2 comentarios en «¿Por qué en Espiral? Reflexión»

  1. Hace años que utilizo la espiral como forma gráfica y a la vez simbólica de comprender los procesos de innovación. No una espiral cualquiera, si el lector se fija, sino una bajo unos formatos específicos: una espiral que se abre, una espiral que “se inicia” en un núcleo, una necesidad que se proyecta ……. Puede servir desde el modelo básico de Arquímedes hasta los fractales.

    Un punto clave de hacer algo es SABER POR DONDE EMPEZAR, lo que llamé en un artículo de finales de los 80: “El punto de partida”. Determinar el punto de partida no es nada fácil, porque analizar lo concreto, real y actual, del aquí y ahora, es probablemente el trabajo más complicado en términos científicos.
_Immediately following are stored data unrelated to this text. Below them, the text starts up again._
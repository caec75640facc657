-- ===== src/Calls/Written.antt =====
-- `passArrayJsValueToWasm0` of rust/assets/hep-viewer.js: the words that it writes are the indices of the
-- values, so that an array that is passed comes back.
use ggsql_duckdb.Prelude.{
  ℕ, zero, suc, ◌+◌, ◌*◌, ◌%◌, ◌<◌, ◌≤◌, ◌≡◌, refl, sym, ap, subst, ◌∙◌, true, some, List, [], ◌∷◌,
  length, leb, arith, inl, inr, Option-cases,
}
use ggsql_duckdb.Boot.Init.{Bytes}
use ggsql_duckdb.Boot.Memory.{overwrite}
use ggsql_duckdb.Boot.Views.{IsCurrent, same_buffer_eq, length-overwrite}
use ggsql_duckdb.Glue.Heap.{JsValue, Heap, add_heap_object, add_all, take_all}
use ggsql_duckdb.Glue.FreeList.{IsHeap}
use ggsql_duckdb.Glue.Passing.{Holds, add_all-IsAllAdded, take_all-Holds}
use ggsql_duckdb.Calls.Machine.{to_int32, World, returned, Exports, Browser}
use ggsql_duckdb.Calls.Access.{
  word_bytes, word_at, data_view_memory, set_uint32, add_object, add_words, get_array_js_value,
  pass_array_js_value_to_wasm,
}
use ggsql_duckdb.Calls.Runs.{bind-returned, viewed, with_heap, data_view_memory-viewed}
use ggsql_duckdb.Calls.Arrays.{Words, get_array_js_value-take_all}

-- A word that is written is read.
pub word_at-overwrite :
    (at v : ℕ) (bs : Bytes)
    → at + 4 ≤ length bs
    → v < 4294967296
    → word_at at (overwrite at (word_bytes v) bs) ≡ some v
unfolding word_at
word_at-overwrite zero v (a ∷ b ∷ c ∷ d ∷ bs) h l = ap some (omega arith)
word_at-overwrite zero v (a ∷ b ∷ c ∷ []) h l = absurd (omega arith)
word_at-overwrite zero v (a ∷ b ∷ []) h l = absurd (omega arith)
word_at-overwrite zero v (a ∷ []) h l = absurd (omega arith)
word_at-overwrite zero v [] h l = absurd (omega arith)
word_at-overwrite (suc at) v (a ∷ bs) h l = word_at-overwrite at v bs (omega arith) l
word_at-overwrite (suc at) v [] h l = absurd (omega arith)

-- A word that lies before what is written stays.
pub word_at-overwrite_after :
    (from at : ℕ) (w bs : Bytes)
    → from + 4 ≤ at
    → word_at from (overwrite at w bs) ≡ word_at from bs
unfolding word_at
word_at-overwrite_after from at [] bs h = refl
word_at-overwrite_after from at (x ∷ w) [] h = refl
word_at-overwrite_after (suc from) (suc at) (x ∷ w) (b ∷ bs) h =
    word_at-overwrite_after from at (x ∷ w) bs (omega arith)
word_at-overwrite_after zero (suc (suc (suc (suc at)))) (x ∷ w) (a ∷ b ∷ c ∷ d ∷ bs) h = refl
word_at-overwrite_after zero (suc (suc (suc (suc at)))) (x ∷ w) (a ∷ b ∷ c ∷ []) h = refl
word_at-overwrite_after zero (suc (suc (suc (suc at)))) (x ∷ w) (a ∷ b ∷ []) h = refl
word_at-overwrite_after zero (suc (suc (suc (suc at)))) (x ∷ w) (a ∷ []) h = refl
word_at-overwrite_after zero (suc (suc (suc zero))) (x ∷ w) (b ∷ bs) h = absurd (omega arith)
word_at-overwrite_after zero (suc (suc zero)) (x ∷ w) (b ∷ bs) h = absurd (omega arith)
word_at-overwrite_after zero (suc zero) (x ∷ w) (b ∷ bs) h = absurd (omega arith)
word_at-overwrite_after from zero (x ∷ w) (b ∷ bs) h = absurd (omega arith)

-- What the loop leaves in the memory: the words, and what lay before them.
record IsWritten (at : ℕ) (ids : List ℕ) (old new : Bytes) : Type 0 where
  size : length new ≡ length old
  words : Words new at ids
  before : (from : ℕ) → from + 4 ≤ at → word_at from new ≡ word_at from old

-- The indices are 32-bit numbers.
abbrev pub AreSmall : List ℕ → Type 0
AreSmall [] = Unit
AreSmall (i ∷ is) = (i < 4294967296) × AreSmall is

abbrev pub with_content : Bytes → World → World
with_content bs w = record w {
  machine = record w.machine { memory = record w.machine.memory { content = bs } };
}

add_all-inv :
    (v : JsValue) (vs : List JsValue) (h g : Heap) (ids : List ℕ)
    → add_all (v ∷ vs) h ≡ some (ids, g)
    → (i : ℕ) × (is : List ℕ) × (k : Heap) × (add_heap_object v h ≡ some (i, k))
      × (add_all vs k ≡ some (is, g))
      × (ids ≡ i ∷ is)
unfolding add_all
add_all-inv v vs h g ids e = elim (Option-cases (add_heap_object v h)) [
  | inl failed ↦ absurd (ground (arith, e, failed))
  | inr ((i, k), added) ↦ elim (Option-cases (add_all vs k)) [
    | inl failed ↦ absurd (ground (arith, e, failed, added))
    | inr ((is, f), rest) ↦
        let same : (f ≡ g) × (ids ≡ i ∷ is) = ground (arith, e, added, rest) in
        (i, is, k, added, rest ∙ ap (λ x. some (is, x)) same.0, same.1)
  ]
]

module _ (browser : Browser) where
  pub set_uint32-returned :
      (at v : ℕ) (w : World)
      → at + 4 ≤ length w.machine.memory.content
      → set_uint32 browser w.machine.memory.buffer at v w
        ≡ (returned tt, with_content (overwrite at (word_bytes v) w.machine.memory.content) w)
  set_uint32-returned at v w h =
      let fits : leb (at + 4) (length w.machine.memory.content) ≡ true = ground arith in
      rw ((same_buffer_eq w.machine.memory.buffer w.machine.memory.buffer).1 refl, fits) refl

  add_object-returned :
      (obj : JsValue) (w : World) (i : ℕ) (g : Heap)
      → add_heap_object obj w.machine.heap ≡ some (i, g)
      → add_object browser obj w ≡ (returned i, with_heap g w)
  unfolding add_object
  add_object-returned obj w i g e = rw e refl

  add_words-IsWritten :
      (vs : List JsValue) (at : ℕ) (w : World) (ids : List ℕ) (g : Heap)
      → at + 4 * length vs ≤ length w.machine.memory.content
      → add_all vs w.machine.heap ≡ some (ids, g)
      → AreSmall ids
      → (bs : Bytes) × (add_words browser w.machine.memory.buffer at vs w
          ≡ (returned tt, with_content bs (with_heap g w)))
        × IsWritten at ids w.machine.memory.content bs
  unfolding add_words add_all
  add_words-IsWritten [] at w ids g h e small =
      let same : (w.machine.heap ≡ g) × (ids ≡ []) = ground (arith, e) in
      (
        w.machine.memory.content,
        ap (λ f. (returned tt, with_heap f w)) same.0,
        record {
          size = refl;
          words = subst (Words w.machine.memory.content at) (sym same.1) tt;
          before = λ from f. refl;
        },
      )
  add_words-IsWritten (v ∷ vs) at w ids g h e small =
      let (i, is, k, added, rest, split) = add_all-inv v vs w.machine.heap g ids e in
      let (l, ls) = subst AreSmall split small in
      let buffer = w.machine.memory.buffer in
      let content = w.machine.memory.content in
      let next = overwrite at (word_bytes i) content in
      let size = length-overwrite at (word_bytes i) content in
      let put = with_content next (with_heap k w) in
      let (bs, ran, done) = add_words-IsWritten vs (at + 4) put is g (omega arith) rest ls in
      (
        bs,
        bind-returned (add_object browser v) _ w (with_heap k w) i
              (add_object-returned v w i k added)
            ∙ bind-returned (set_uint32 browser buffer at i) _ (with_heap k w) put tt
                (set_uint32-returned at i (with_heap k w) (omega arith))
            ∙ ran,
        record {
          size = done.size ∙ size;
          words = subst (Words bs at) (sym split) (
            done.before at (omega arith) ∙ word_at-overwrite at i content (omega arith) l,
            done.words,
          );
          before = λ from f.
              done.before from (omega arith)
              ∙ word_at-overwrite_after from at (word_bytes i) content f;
        },
      )

length-Holds :
    (ids : List ℕ) (vs : List JsValue) (h : Heap) (free : List ℕ)
    → Holds h free ids vs
    → length ids ≡ length vs
length-Holds [] [] h free s = refl
length-Holds (i ∷ ids) (v ∷ vs) h free (k, e, n, s) = ap suc (length-Holds ids vs h free s)
length-Holds [] (v ∷ vs) h free s = absurd s
length-Holds (i ∷ ids) [] h free s = absurd s

-- An array that is passed to the wasm side and received from it again, through the words in its memory,
-- comes back equal, whatever its values are. Both calls succeed, and the table is well-formed after
-- them. The allocator gives a block in the memory, and the indices in the table fit into 32 bits.
pub get_array_js_value-pass :
    (exports : Exports) (browser : Browser) (array : List JsValue) (w : World) (free : List ℕ)
    → let (raw, grown) = exports.malloc (length array * 4) 4 w.machine.memory in
      let ptr = raw % 4294967296 in
      IsHeap w.machine.heap free
      → IsCurrent grown w.machine.globals
      → ptr + 4 * length array ≤ length grown.content
      → length array < 2147483648
      → ((ids : List ℕ) (g : Heap) → add_all array w.machine.heap ≡ some (ids, g) → AreSmall ids)
      → (v u : World) × (pass_array_js_value_to_wasm browser exports array w ≡ (returned ptr, v))
        × (get_array_js_value browser (to_int32 ptr) (to_int32 v.machine.globals.vector_len) v
            ≡ (returned array, u))
        × ((free' : List ℕ) × IsHeap u.machine.heap free')
unfolding pass_array_js_value_to_wasm
get_array_js_value-pass exports browser array w free heap current fits short small =
    let (ids, free', g, added, a) = add_all-IsAllAdded array w.machine.heap free heap in
    let (raw, grown) = exports.malloc (length array * 4) 4 w.machine.memory in
    let ptr = raw % 4294967296 in
    let given : World = record w { machine = record w.machine { memory = grown } } in
    let seen = viewed given in
    let (bs, ran, done) =
      add_words-IsWritten browser array ptr seen ids g fits added (small ids g added) in
    let put = with_content bs (with_heap g seen) in
    let v : World = record put {
      machine = record put.machine {
        globals = record put.machine.globals { vector_len = length array };
      };
    } in
    let same = length-Holds ids array g free' a.holds in
    let (taken, rest) = take_all-Holds ids array g free' a.heap a.holds in
    (
      v,
      with_heap (take_all ids g).1 (viewed v),
      bind-returned _ _ w given raw refl
          ∙ bind-returned (data_view_memory browser) _ given seen grown.buffer
              (data_view_memory-viewed browser given current)
          ∙ bind-returned (add_words browser grown.buffer ptr array) _ seen put tt ran,
      subst
            (λ n.
              get_array_js_value browser (to_int32 ptr) (to_int32 n) v
              ≡ (returned (take_all ids g).0, with_heap (take_all ids g).1 (viewed v)))
            same
            (get_array_js_value-take_all browser ids ptr v
              (record { data_view = refl; uint8_array = current.uint8_array }) (omega arith)
              (omega arith) done.words)
          ∙ ap (λ vs. (returned vs, with_heap (take_all ids g).1 (viewed v))) taken,
      rest,
    )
Tenemos muchos signos y símbolos de dónde vivimos, pero realmente una gran parte de nuestra confusión está en que teniendo tantos síntomas y percepciones, nos sea tan difícil saber realmente dónde vives en ese momento concreto. Hablar del pasado es fácil, hablar nostálgicamente también; hablar de lo que tiene que ser o del mundo del deber ser … tampoco es complicado. Pero hablar del aquí y ahora …. es un gran reto. Por eso, no es sólo decir que hay que empezar POR DONDE HAY QUE EMPEZAR, sino saber realmente de dónde empezamos.

    Como esto es como el huevo de Colón, yo he decidido que es operativo pensar que SE EMPIEZA POR LA NECESIDAD SOCIAL, y para ello hay que analizarla y conoceerla, sentirla en uno mismo, sentirla como propia, y a partir de ahí definirla y empezar a trabajar.

    Parece fácil, pero es muy complicado …. la mayoría de las personas dicen cosas parecidas, pero he observado en mi vida que se dice pero no se comprende, no es fácil entenderlo y por supuesto, existen muchas formas de entenderlo.

  2. “En el círculo se confunden el principio y el fin” Heráclito de Éfeso

    “La descomposición de todo gobierno comienza por la decadencia de los principios sobre los cuales fué fundado” Montesquieu

    Menos mal que los principios decaen, según Montesquieu, porque de esa forma, el círculo es un imposible, sólo una quimera en manos de las fuerzas trasnochadas. Porque, como dice muy bien Heráclito, el circulo ni empieza ni acaba, y se confunden principio y fin.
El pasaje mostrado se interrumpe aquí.